How Do Some People Benefit from these Excursions?
The most prevalent of the laws protecting threatened animals is The Endangered Species Act, which states that animal trophies may be imported for scientific research, enhancement of propagation, or survival of a species. The term enhancement has begun to include some endangered species, and animal trophies are being smuggled across the border in the guise of scientific research.
Enhancement of propagation also includes museums. After the National Museum of Natural History accepted a 20 million dollar donation from a big-game hunter named Kenneth Behring in 1997, requested a permit to import some extremely rare sheep, of which only 100 still exist, that were shot on a safari. After some bad publicity, it dropped the permit. This type of case is not uncommon, and many museums have fessed up to acquiring their stuffed animals from big-game hunters. Big-time hunters can benefit from their excursions in making their home a walk-in museum; thus getting tax cuts. The IRS gives tax breaks to millionaires, who go overseas to shoot animals, if they give the animals to museums like the Smithsonian.
Trophy Poachers are driven by pure greed. There is enormous profit in bringing in rare and endangered animals such as lions, rhinoceros, elephants, leopards, cheetahs, gorillas, and some reptiles, and trading them on the black market. In addition to hunting animals in wildlife preserves, animals are also lured out of reserves or drugged and then shot by trophy hunters.
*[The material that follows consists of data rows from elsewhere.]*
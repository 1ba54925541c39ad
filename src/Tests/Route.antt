-- ===== src/Tests/Route.antt =====
-- Runs of the theorems about the progress along a route. Floats are numbers of centimetres, and a point
-- is a pair of them whose size is the sum.
use ai_xr_project.Base.{
  ℕ, suc, ◌+◌, ◌-◌, ◌*◌, ◌/◌, ◌≤◌, ◌≡◌, refl, List, [], ◌∷◌, some, true, false, ◌==◌, ltb, leb,
  arith, length, ◌⊎◌,
}
use Prim.Native.Nat.{min, max}
use ai_xr_project.NavRouteProgress.{Geometry, Tuning, NavStep, RouteProgress, no_route}
use ai_xr_project.NavRouteProgress.Track.{
  Best, projection, score_of, window_low, window_high, no_best, best_segment,
}
use ai_xr_project.NavRouteProgress.Guide.{
  Guidance, RouteCall, draw_polyline, get_guidance, run_all, call_points, call_steps, call_pose,
}
use ai_xr_project.NavRouteProgress.Ranges.{IsConsistent}
use ai_xr_project.NavRouteProgress.Calls.{last_point, run_all-returns}
use ai_xr_project.NavRouteProgress.Nearest.{IsScored, best_segment_nearest}
use ai_xr_project.NavRouteProgress.Pivots.{IsShown, get_guidance_no_pivot}

abbrev far_apart : ℕ → ℕ → ℕ
far_apart a b = (a - b) + (b - a)

abbrev centimetres : Geometry
centimetres = record {
  Real = ℕ;
  Flo = ℕ;
  Point = ℕ × ℕ;
  Text = ℕ;
  zero_flo = 0;
  one_flo = 1;
  small = 0;
  largest = 1000000;
  add = λ a b. a + b;
  sub = λ a b. a - b;
  mul = λ a b. a * b;
  div = λ a b. a / b;
  less = ltb;
  at_most = leb;
  lower = min;
  upper = max;
  clamp = λ x lo hi. max lo (min x hi);
  narrow = λ a. a;
  widen = λ a. a;
  add_real = λ a b. a + b;
  make_point = λ x y. (x, y);
  zero_point = (0, 0);
  add_point = λ p q. (p.0 + q.0, p.1 + q.1);
  sub_point = λ p q. (far_apart p.0 q.0, far_apart p.1 q.1);
  scale = λ p a. (p.0 * a, p.1 * a);
  dot = λ p q. p.0 * q.0 + p.1 * q.1;
  size = λ p. p.0 + p.1;
  lerp = λ p q a. q;
  empty_text = 0;
  is_empty = λ x. x == 0;
}

abbrev settings : Tuning centimetres
settings = record {
  off_route_threshold = 200;
  search_window = 2;
  segment_hysteresis = 15;
  draw_smoothing_alpha = 1;
  arrive_threshold = 80;
  arrive_exit_hysteresis = 40;
}

abbrev corner : List (ℕ × ℕ)
corner = (0, 0) ∷ (300, 0) ∷ (300, 400) ∷ []

abbrev straight : ℕ → NavStep centimetres
straight n = record {
  instruction = 1;
  distance = n;
  has_distance = true;
  turn = 7;
  is_arrive = false;
}

abbrev turning : NavStep centimetres
turning = record {
  instruction = 2;
  distance = 0;
  has_distance = false;
  turn = 8;
  is_arrive = false;
}

abbrev arrival : NavStep centimetres
arrival = record { instruction = 3; distance = 0; has_distance = false; turn = 0; is_arrive = true }

abbrev calls : List (RouteCall centimetres)
calls =
    call_pose (5, 5)
    ∷ call_points corner
    ∷ call_steps (straight 300 ∷ turning ∷ straight 400 ∷ arrival ∷ [])
    ∷ call_pose (10, 0)
    ∷ call_pose (300, 20)
    ∷ []

run_all-returns_example :
    (s : RouteProgress centimetres) × ((run_all centimetres settings (no_route centimetres) calls
        ≡ some s)
      × (IsConsistent centimetres s
          × (((g : Guidance centimetres) × (get_guidance centimetres s ≡ some g))
              × (last_point (draw_polyline centimetres s) ≡ last_point s.route_points))))
run_all-returns_example = run_all-returns centimetres settings calls

ltb_irrefl : (a : ℕ) → ltb a a ≡ false
ltb_irrefl a = ground arith

ltb_trans : (a b c : ℕ) → ltb a b ≡ true → ltb b c ≡ true → ltb a c ≡ true
ltb_trans a b c h k = ground arith

ltb_zero : (a : ℕ) → ltb a 0 ≡ false
ltb_zero a = ground arith

best_segment_nearest_example :
    (b : Best centimetres) × ((best_segment centimetres settings (some 0) corner (300, 20) ≡ some b)
      × (((b ≡ no_best centimetres (window_low centimetres settings (some 0)))
            ⊎ IsScored centimetres settings
                (some 0)
                corner
                (300, 20)
                (window_low centimetres settings (some 0))
                (suc (window_high centimetres settings (length corner - 1) (some 0)))
                b)
          × ((r : ℕ) (found : ℕ × ℕ)
              → window_low centimetres settings (some 0) ≤ r
              → r ≤ window_high centimetres settings (length corner - 1) (some 0)
              → projection centimetres corner (300, 20) r ≡ some found
              → ltb (score_of centimetres settings (some 0) r found.1) b.score ≡ false)))
best_segment_nearest_example =
    best_segment_nearest centimetres ltb_irrefl ltb_trans settings (some 0) corner (300, 20)
      (omega arith) (omega arith)

get_guidance_no_pivot_example :
    (s : RouteProgress centimetres) × (g : Guidance centimetres) × ((run_all centimetres settings
          (no_route centimetres)
          calls
        ≡ some s)
      × ((get_guidance centimetres s ≡ some g)
          × ((i : ℕ) → g.step_index ≡ some i → IsShown centimetres s.steps i)))
get_guidance_no_pivot_example =
    get_guidance_no_pivot centimetres refl (λ a p h. ltb_zero (a + (p.0 + p.1)))
      (λ x hi h. ltb_zero (max 0 (min x hi))) (λ x h. ltb_zero (x + 0)) settings calls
Someone may ask the question, Why is there such a huge demand for these animals? This can be explained in only one-way: lack of education on the part of the buyers. One of the main reasons for the demand for rare animals is that their body parts hold sacred meaning and medicinal purposes for certain traditional medicines. Lions are increasingly hunted for their bones, to be used in Chinese Medicine. They are hunted as a replacement for tiger bones, which are now difficult to come by. This is a multi-million dollar trade, and it exists all around the world. Most traditional remedies can be bought under-the-counter, even in the U.S.A. Africa and Asia are the prime consumers for this kind of industry.
The second major demand for these animals is probably most well known: The Fur Industry. All too many a leopard or a zebra or an ocelot has been killed for its luxurious coat. This industry is as plain and simple as you can get. People who wear furs may know about where the fur came from, but they probably don't care. People like the touch and look of fur on them. Leopard print is now a popular favorite for practically anything, but no one stops to think that once there were actual leopard coats on jackets and pants. This used to be legal in the US, but has now been outlawed. Faux Fur is a relatively recent invention, but real fur is still thought of as more desirable by some.